Often we choose bondage over freedom. Sounds strange, doesn’t it? Who would do that? We don’t do it intentionally. We don’t even realize we’re doing it. But we do. We do it when we choose the sick familiar over the healthy unknown.

The dysfunction we grew up with is familiar. We think it’s normal, even if we hate it, because it’s all we’ve known. It’s not normal; it’s sick and dysfunctional. But it’s normal for us. It’s familiar.

Moving into healthy freedom can be scary. It’s uncharted and unknown territory. It doesn’t have the comfort of something familiar. It requires us to face the fear our familiar sickness was protecting us from.

Freedom comes at a price. We certainly get that at a national level. But it’s true even at the personal, emotional, and spiritual levels. God’s unique calling on the life of every individual, that adventure he created you to live, is totally free but it costs you everything. Dude, make sense!

Jesus died to make a way. His blood paid the price to make that way freely available. In that sense, intimacy with God through the person of Jesus, pursuing the calling on your life, is totally free. Freely available.

But it costs you everything. Everything familiar. Everything you value above Jesus. Every idol in your life. Every behavior you use to protect your own heart instead of trusting God with it. It requires (eventually) facing every fear.

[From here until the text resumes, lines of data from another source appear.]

-- ===== src/Examples/Store.antt =====
-- A table kept as a list of rows, and a database of such tables, which the examples run on.
use transactguard.Prelude.{
  ℕ, ◌≡◌, refl, Bool, false, Option, none, some, List, [], ◌∷◌, arith, filter, elem, dedup,
  elem-filter, nodup-filter, elem-dedup, nodup-dedup, ◌==◌, if◌then◌else◌, matches, Table,
  Bool-cases, inl, inr,
}
use transactguard.Schema.{Database}

module _ {R : Type 0} where
  abbrev rows_find : ℕ → List (ℕ × R) → Option R
  rows_find id [] = none
  rows_find id ((k, r) ∷ rest) = if k == id then some r else rows_find id rest

  abbrev keys : List (ℕ × R) → List ℕ
  keys [] = []
  keys ((k, r) ∷ rest) = k ∷ keys rest

  abbrev rows_find_ids : (ℕ → R → Bool) → List (ℕ × R) → List ℕ
  rows_find_ids p s = filter (λ id. matches p id (rows_find id s)) (dedup (keys s))

  matches-elem :
      (p : ℕ → R → Bool) (s : List (ℕ × R)) (id : ℕ)
      → elem id (keys s) ≡ false
      → rows_find id s ≡ none
  matches-elem p [] id h = refl
  matches-elem p ((k, r) ∷ rest) id h = ground (arith, matches-elem p rest id)

  pub elem-rows_find_ids :
      (p : ℕ → R → Bool) (s : List (ℕ × R)) (id : ℕ)
      → elem id (rows_find_ids p s) ≡ matches p id (rows_find id s)
  elem-rows_find_ids p s id =
      let a = elem-filter (λ i. matches p i (rows_find i s)) id (dedup (keys s)) in
      let b = elem-dedup id (keys s) in
      elim (Bool-cases (elem id (keys s))) [
        | inl e ↦ rw (a, b, e) (ground arith)
        | inr e ↦ rw (a, b, e) (rw (matches-elem p s id e) (ground arith))
      ]

  abbrev pub rows : Table R
  rows = record {
    State = List (ℕ × R);
    find = rows_find;
    put = λ id r s. (id, r) ∷ s;
    find_ids = rows_find_ids;
    find-put = λ id j r s. refl;
    elem-find_ids = elem-rows_find_ids;
    nodup-find_ids = λ p s.
        nodup-filter (λ i. matches p i (rows_find i s)) (dedup (keys s)) (nodup-dedup (keys s));
  }

abbrev pub store : Database
store = record { transactions = rows; predictions = rows; jobs = rows; cases = rows; users = rows }
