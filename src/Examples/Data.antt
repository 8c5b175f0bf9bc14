-- ===== src/Examples/Data.antt =====
-- Rows and worlds for the examples.
use transactguard.Prelude.{ℕ, String, true, none, some, [], ◌∷◌, pos}
use transactguard.Schema.{
  World, Ctx, Transaction, Case, under_review, BatchJob, partially_completed, User, Role, admin,
  analyst,
}
use transactguard.MlClient.{MlRequest, FetchOutcome, response, unreachable, Payload}
use transactguard.Examples.Store.{store}

abbrev pub payment : Transaction
payment = record {
  id = 1;
  txn_id = "T1";
  txn_type = "PAYMENT";
  amount = pos 500;
  currency = "USD";
  sender_id = "C1";
  receiver_id = "M1";
  merchant_category = none;
  orig_balance_before = some (pos 900);
  orig_balance_after = some (pos 400);
  dest_balance_before = some (pos 0);
  dest_balance_after = some (pos 0);
  txn_timestamp = 10;
  location = none;
  device_id = none;
  deleted_at = none;
  created_at = 10;
  uploaded_by_id = none;
}

abbrev pub without_balances : Transaction
without_balances = record payment { id = 2; txn_id = "T2"; orig_balance_before = none }

abbrev pub removed : Transaction
removed = record payment { id = 3; txn_id = "T3"; deleted_at = some 11 }

abbrev pub score : Payload
score = record {
  txn_id = some "T1";
  risk_score = some (pos 91);
  risk_level = some "CRITICAL";
  explanation_summary = some "drained";
  feature_contributions = some [];
  model_version = some "v1";
  latency_ms = some (pos 4);
}

abbrev pub scoring : MlRequest → FetchOutcome
scoring r = response 200 (some score)

abbrev pub down : MlRequest → FetchOutcome
down r = unreachable

abbrev pub ctx : Ctx
ctx = record { now = 20; audit_up = true; new_id = 50 }

abbrev pub half_done : BatchJob
half_done = record {
  id = 7;
  name = "nightly";
  status = partially_completed;
  total_txns = 2;
  processed_count = 1;
  failed_count = 1;
  total_chunks = 1;
  completed_chunks = 1;
  transaction_ids = 1 ∷ 2 ∷ [];
  started_at = some 12;
  completed_at = some 13;
  created_at = 11;
  created_by_id = some 4;
}

abbrev pub open_case : Case
open_case = record {
  id = 9;
  transaction_id = 1;
  status = under_review;
  notes = none;
  resolved_at = none;
  created_at = 12;
  assigned_to_id = none;
}

abbrev pub user : ℕ → String → Role → User
user id email role = record {
  id = id;
  email = email;
  password_hash = "secret";
  name = email;
  role = role;
  is_active = true;
  created_at = 1;
}

abbrev pub world : World store
world = record {
  transactions = (1, payment) ∷ (2, without_balances) ∷ (3, removed) ∷ [];
  predictions = [];
  jobs = (7, half_done) ∷ [];
  cases = (9, open_case) ∷ [];
  users = (4, user 4 "ann" analyst) ∷ (5, user 5 "root" admin) ∷ [];
  audit = [];
  queue = [];
}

So it’s understandable why often we choose our familiar, comforting, sick over the unknown, uncomfortable, healthy. It comes down to fear, and who we’re going to trust.

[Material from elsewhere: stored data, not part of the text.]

-- ===== src/Examples/Accounts.antt =====
-- Accounts, sessions and tokens.
use transactguard.Prelude.{
  ℕ, ◌+◌, ◌≡◌, refl, Bool, true, false, not, ◌&&◌, ◌||◌, some, List, [], ◌∷◌, leb, ltb, ◌==◌,
  if◌then◌else◌, All,
}
use text.Mathlib.Text.{◌==◌ as str_eq}
use text.Mathlib.TextPositions.{eq_refl}
use transactguard.Errors.{ok}
use transactguard.Errors.Raise
use transactguard.Schema.{admin, analyst, viewer, User}
use transactguard.Tokens.{
  Jwt, Claims, Secret, access_secret, refresh_secret, Verified, expired, invalid, payload,
  sign_access_token, sign_refresh_token,
}
use transactguard.Tokens.Bearer.{IsPlain, is_space}
use transactguard.Auth.{Redis, Bcrypt, Services, Site, Principal, AuthCtx, find_by_email}
use transactguard.Auth.Sessions.{login_user, logout_user}
use transactguard.Auth.Sessions.Login.{login_user_tells_strangers_nothing}
use transactguard.Auth.Sessions.Logout.{caller}
use transactguard.Auth.Users.{update_user_role, register_user}
use transactguard.Auth.Users.Registered.{register_then_login}
use transactguard.Auth.Users.Roles.{holds_admin, update_user_role_keeps_admins}
use transactguard.Examples.Store.{store}
use transactguard.Examples.Data.{ctx, world, user}

-- A token that names its secret and carries its claims.
abbrev same_secret : Secret → Secret → Bool
same_secret access_secret access_secret = true
same_secret refresh_secret refresh_secret = true
same_secret _ _ = false

abbrev plain_verify : Secret → Secret × Claims → ℕ → Verified
plain_verify s (s', c) now =
    if same_secret s s' then (if leb c.exp now then expired else payload c) else invalid

pub plain-verify-sign :
    (s : Secret) (c : Claims) (now : ℕ)
    → plain_verify s (s, c) now ≡ (if leb c.exp now then expired else payload c)
plain-verify-sign access_secret c now = refl
plain-verify-sign refresh_secret c now = refl

abbrev jwt : Jwt
jwt = record {
  Token = Secret × Claims;
  sign = λ s c. (s, c);
  jwt_verify = plain_verify;
  verify-sign = plain-verify-sign;
  verify-sign_access = λ c now. refl;
  verify-sign_refresh = λ c now. refl;
}

-- The keys with the times at which they go.
abbrev keys_exists : ℕ → ℕ → List (ℕ × ℕ) → Bool
keys_exists key now [] = false
keys_exists key now ((k, until) ∷ rest) =
    (k == key && ltb now until) || (not (k == key) && keys_exists key now rest)

abbrev redis : Redis
redis = record {
  Keys = List (ℕ × ℕ);
  set_ex = λ key ttl now k. (key, now + ttl) ∷ k;
  exists = keys_exists;
  exists-set_ex = λ key ttl now j later k le. refl;
}

abbrev bcrypt : Bcrypt
bcrypt = record { hash = λ p. p; compare = str_eq; compare-hash = eq_refl }

abbrev pub services : Services
services = record { database = store; jwt = jwt; redis = redis; bcrypt = bcrypt }

abbrev pub ann : User
ann = user 4 "ann" analyst

abbrev site : Site services
site = record { world = world; keys = [] }

abbrev at : ℕ → AuthCtx
at now = record {
  ctx = record { now = now; audit_up = true; new_id = 60 };
  refresh_jti = 61;
  redis_up = true;
  redis_still_up = true;
}

abbrev scheme : List ℕ
scheme = 66 ∷ 101 ∷ 97 ∷ 114 ∷ 101 ∷ 114 ∷ []

abbrev word : List ℕ
word = 97 ∷ 98 ∷ []

scheme-IsPlain : All IsPlain scheme
unfolding is_space
scheme-IsPlain = (refl, (refl, (refl, (refl, (refl, (refl, tt))))))

word-IsPlain : All IsPlain word
unfolding is_space
word-IsPlain = (refl, (refl, tt))

abbrev later_site : Site services
later_site =
    (logout_user services (caller services ann 60 61 0) (some (sign_refresh_token jwt ann 61 0))
      (at 100) site).1

login_user_tells_strangers_nothing_example :
    (login_user services "nobody" "x" (at 5) site).0 ≡ (login_user services "ann" "y" (at 5) site).0
unfolding find_by_email
login_user_tells_strangers_nothing_example =
    login_user_tells_strangers_nothing services "nobody" "ann" "x" "y" (at 5) (at 5) site site refl
      refl

abbrev root : Principal
root = record { id = 5; email = some "root"; role = some admin; jti = 70; exp = 900 }

update_user_role_keeps_admins_example :
    holds_admin (store.users.find 4 (update_user_role services 4 viewer root ctx world).1.users)
    ≡ holds_admin (store.users.find 4 world.users)
update_user_role_keeps_admins_example =
    update_user_role_keeps_admins services 4 viewer root ctx world 4

abbrev bob : User
bob = record {
  id = 50;
  email = "bob";
  password_hash = "pw";
  name = "Bob";
  role = viewer;
  is_active = true;
  created_at = 20;
}

abbrev with_bob : Site services
with_bob = record {
  world = (register_user services "Bob" "bob" "pw" viewer ctx world).1;
  keys = [];
}

register_then_login_example :
    (login_user services "bob" "pw" (at 30) with_bob).0
    ≡ ok (bob, sign_access_token jwt bob 60 30, sign_refresh_token jwt bob 61 30)
unfolding register_user find_by_email
register_then_login_example =
    register_then_login services "Bob" "bob" "pw" viewer ctx world bob (at 30) with_bob refl refl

So how do we break out of the sick familiar into the healthy unknown? Here are 3 steps.

1) Recognize where You Are

We have to honestly recognize our behavior is sick, and it’s not ok. Otherwise there’s no reason to change.

For example, maybe our family of origin shouted at each other when they were angry. Maybe bullying the other person into submission is the only communication style we’ve been taught. It’s all we’ve ever seen modeled.

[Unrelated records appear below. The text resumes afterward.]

-- What each effect on the tables keeps is kept by each handler and each step.
module _ {ℓ} (Q : World → Type ℓ) (closed : (a b : World) → TableEffect a b → Q a → Q b) where
  record_ref-table_closed :
      (w : World) (r : Repository) (token : InstallationToken) (ref before_sha after_sha : String)
      (forced : Bool)
      → Q w
      → Q (record_ref w r token ref before_sha after_sha forced)
  unfolding record_ref append_push_event append_queued_workflow append_workflow_event
      append_pending_event append_pending_app_event
  record_ref-table_closed w r token ref before_sha after_sha forced q =
      let pushed = closed w _ (kept refl refl refl) q in
      option_cases Q (get w.workflows r.id) _ _ (λ _. pushed)
        λ workflow _.
          if_cases Q (workflow.release_ref == ref && not (after_sha == "")) _ _
            (λ _. closed _ _ (kept refl refl refl) pushed) (λ _. pushed)

  record_refs-table_closed :
      (w : World) (r : Repository) (token : InstallationToken) (before after : Refs)
      (forced : String → Bool) (refs : List String)
      → Q w
      → Q (record_refs w r token before after forced refs).0
  unfolding record_refs
  record_refs-table_closed w r token before after forced [] q = q
  record_refs-table_closed w r token before after forced (ref ∷ rest) q =
      record_refs-table_closed
        (if not (sha_of before ref == sha_of after ref)
          then record_ref w r token ref (sha_of before ref) (sha_of after ref) (forced ref)
          else w)
        r token before after forced rest
        (if_cases Q (not (sha_of before ref == sha_of after ref)) _ _
          (λ _.
            record_ref-table_closed w r token ref (sha_of before ref) (sha_of after ref)
              (forced ref) q)
          (λ _. q))

  record_ref_changes-table_closed :
      (m : Machine) (w : World) (r : Repository) (token : InstallationToken) (before after : Refs)
      → Q w
      → Q (record_ref_changes m w r token before after)
  unfolding record_ref_changes
  record_ref_changes-table_closed m w r token before after q =
      let forced : String → Bool =
        λ ref. forced_update m r.git_dir (sha_of before ref) (sha_of after ref) in
      let recorded =
        record_refs-table_closed w r token before after forced (touched_refs before after) q in
      if_cases Q (record_refs w r token before after forced (touched_refs before after)).1 _ _
        (λ _. closed _ _ (kept refl refl refl) recorded) (λ _. recorded)

  Handled-table_closed : (w w' : World) → Handled w w' → Q w → Q w'
  unfolding record_unsupported record_observation_error
  Handled-table_closed w w' (creates_app p body e) q = rw e (
      closed w _
        (create_app_cases (Links w) p w body (refused-Links w) (λ _ _ _. kept refl refl refl)) q)
  Handled-table_closed w w' (creates_installation body e) q =
      rw e (closed w _ (create_installation-Links w body) q)
  Handled-table_closed w w' (creates_repository p m body e) q =
      rw e (closed w _ (create_repository-Links p m w body) q)
  Handled-table_closed w w' (creates_pull_request m body e) q = rw e (
      closed w _
        (create_pull_request_cases (Links w) m w body (refused-Links w)
          (λ _ _ _ _ _ _ _. kept refl refl refl))
        q)
  Handled-table_closed w w' (changes_pull_request_state body e) q = rw e (
      closed w _
        (change_pull_request_state_cases (Links w) w body (refused-Links w)
          (λ _ _ _ _. kept refl refl refl))
        q)
  Handled-table_closed w w' (advances_time p body e) q = rw e (
      closed w _
        (advance_time_cases (Links w) p w body (refused-Links w) (λ _ _. kept refl refl refl)) q)
  Handled-table_closed w w' (configures_workflow m body e) q = rw e (
      closed w _
        (configure_workflow_cases (Links w) m w body (refused-Links w) (λ _ _. kept refl refl refl))
        q)
  Handled-table_closed w w' (finishes_delivery d e) q =
      rw e (closed w _ (finish_delivery-Links w d) q)
  Handled-table_closed w w' (duplicates_event body e) q = rw e (
      closed w _
        (duplicate_event_cases (Links w) w body (refused-Links w) (λ _ _ _. kept refl refl refl)) q)
  Handled-table_closed w w' (transitions_run body e) q =
      rw e (closed w _ (transition-Links w body) q)
  Handled-table_closed w w' (cancels_run u signal bearer owner name run_id e) q =
      rw e (closed w _ (cancel-TableEffect u signal w bearer owner name run_id) q)
  Handled-table_closed w w' (creates_token u app_id installation_id options random e) q =
      rw e (closed w _ (issue_for_app-TableEffect u w app_id installation_id options random) q)
  Handled-table_closed w w' (records_unsupported method path e) q =
      rw e (closed w _ (kept refl refl refl) q)
  Handled-table_closed w w' (records_observation_error i operation text e) q =
      rw e (closed w _ (kept refl refl refl) q)
  Handled-table_closed w w' (records_ref_changes m r token before after e) q =
      rw e (record_ref_changes-table_closed m w r token before after q)
  Handled-table_closed w w' (refreshes_pull m r snapshot e) q =
      rw e (closed w _ (refresh_pull-TableEffect m w r snapshot) q)

  Step-table_closed : (s s' : System) → Step s s' → Q s.world → Q s'.world
  unfolding release_claim
  Step-table_closed s s' (handles step same) q = Handled-table_closed s.world s'.world step q
  Step-table_closed s s' (claims t body c idle result pool) q =
      let is = claim_run-IsClaim s.world s'.world body c result in
      closed s.world s'.world
        (kept (ap (λ (x : World). x.repositories) is.world)
          (ap (λ (x : World). x.receive_locks) is.world)
          (ap (λ (x : World). x.repo_names) is.world))
        q
  Step-table_closed s s' (abandons t c entry world pool) q =
      rw world (closed s.world _ (kept refl refl refl) q)
  Step-table_closed s s' (stops t c process reply entry result pool) q =
      closed s.world s'.world
        (start_run-TableEffect s.world c process (stopped s'.world reply) result) q
  Step-table_closed s s' (starts_runner t c process entry result pool) q =
      closed s.world s'.world (start_run-TableEffect s.world c process (under_way s'.world) result)
        q
  Step-table_closed s s' (finishes t c waited logs reply entry result pool) q =
      closed s.world s'.world (finish_run-TableEffect s.world s'.world c waited logs reply result) q

  pub Reach-table_closed : (s s' : System) → Reach s s' → Q s.world → Q s'.world
  Reach-table_closed s s' here q = q
  Reach-table_closed s s' (next {t} r step) q =
      Step-table_closed t s' step (Reach-table_closed s t r q)
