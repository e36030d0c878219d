-- ===== src/Irc/Line.antt =====
-- A line of the server that says something in the channel.
use fx_ip.Base.{
  List, Mem, Option, ap, ap₂, arith, memchr, peek, poke, refl, some, string_at, strlen, ℕ, ◌+◌, ◌∙◌,
  ◌≡◌, ◌==◌, true, is_same_case,
}
use fx_ip.Irc.{
  Irc, irc_command_privmsg, irc_parse_command, print_said, privmsg, privmsg_in, split_command,
  split_prefix, with_space,
}

privmsg_matches : is_same_case irc_command_privmsg irc_command_privmsg 7 ≡ true
unfolding is_same_case
privmsg_matches = refl

module _ (behind : ℕ) (s : Irc) where
  -- one step of the parser, for what the string functions give
  pub split_prefix_lem :
      (start len whitespace : ℕ)
      → s.inputbuffer start ≡ b':'
      → memchr s.inputbuffer start b' ' len ≡ some whitespace
      → split_prefix behind start len s
        ≡ split_command behind
            (some (start + 1))
            (whitespace + 1)
            (record s { inputbuffer = poke s.inputbuffer whitespace 0 })
  unfolding split_prefix
  split_prefix_lem start len whitespace colon e =
      let z : (s.inputbuffer start == b':') ≡ true = ground arith in rw (z, e, split_prefix) refl

  pub split_command_lem :
      (prefix : Option ℕ) (start n whitespace : ℕ)
      → strlen s.inputbuffer start ≡ n
      → memchr s.inputbuffer start b' ' n ≡ some whitespace
      → split_command behind prefix start s
        ≡ irc_parse_command behind prefix start
            (whitespace + 1)
            (record s { inputbuffer = poke s.inputbuffer whitespace 0 })
  unfolding split_command
  split_command_lem prefix start n whitespace l e = rw (l, e, split_command) refl

  pub with_space_lem :
      (act : ℕ → Irc → Option Irc) (args n whitespace : ℕ)
      → strlen s.inputbuffer args ≡ n
      → memchr s.inputbuffer args b' ' n ≡ some whitespace
      → with_space act args s ≡ act whitespace s
  unfolding with_space
  with_space_lem act args n whitespace k e = rw (k, e, with_space) refl

  pub parse_privmsg :
      (prefix : Option ℕ) (command args : ℕ)
      → strlen s.inputbuffer command ≡ 7
      → peek s.inputbuffer command 7 ≡ irc_command_privmsg
      → irc_parse_command behind prefix command args s ≡ with_space (privmsg prefix) args s
  unfolding irc_parse_command
  parse_privmsg prefix command args l word = rw (l, word, privmsg_matches) refl

  pub privmsg_in_lem :
      (m : Mem) (prefix whitespace l prefixend : ℕ) (name text : List ℕ)
      → strlen m prefix ≡ l
      → memchr m prefix b'!' l ≡ some prefixend
      → string_at (poke m prefixend 0) prefix ≡ name
      → string_at (poke m prefixend 0) (whitespace + 2) ≡ text
      → privmsg_in m prefix whitespace s
        ≡ print_said name text (record s { inputbuffer = poke m prefixend 0 })
  unfolding privmsg_in
  privmsg_in_lem m prefix whitespace l prefixend name text b c d e =
      rw (b, c, privmsg_in)
        (ap₂ (λ x y. print_said x y (record s { inputbuffer = poke m prefixend 0 })) d e)

  pub privmsg_cut :
      (prefix whitespace n j : ℕ)
      → strlen s.inputbuffer (whitespace + 2) ≡ n
      → whitespace + 1 + n ≡ j
      → privmsg (some prefix) whitespace s ≡ privmsg_in (poke s.inputbuffer j 0) prefix whitespace s
  unfolding privmsg
  privmsg_cut prefix whitespace n j a e =
      ap (λ t. privmsg_in (poke s.inputbuffer t 0) prefix whitespace s)
        (ap (λ t. whitespace + 1 + t) a ∙ e)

How do we know when we’re stuck living in the sick familiar? Here’s 3 indicators:

  • It’s something we grew up with.
  • We hate it when our family members (or others) do it to us.
  • We do it to others.

If you respond to others with a behavior that you grew up hating, you’re living in the sick familiar. Stop taking it for granted. You’re hurting the ones you love the same way you’ve been hurt. It’s not ok.

John Wimber, the founder of the Vineyard, told a story about talking to God one day during his devotion time. He said, “I think I’m doing alright. I’ve got some hang-ups, but I’m doing ok.”

Immediately the Holy Spirit spoke to his spirit, “I don’t deal in hang-ups, John. I deal in sin. If you have sin in your life, confess it, and let’s deal with it. But don’t mask it by calling it a hang-up.”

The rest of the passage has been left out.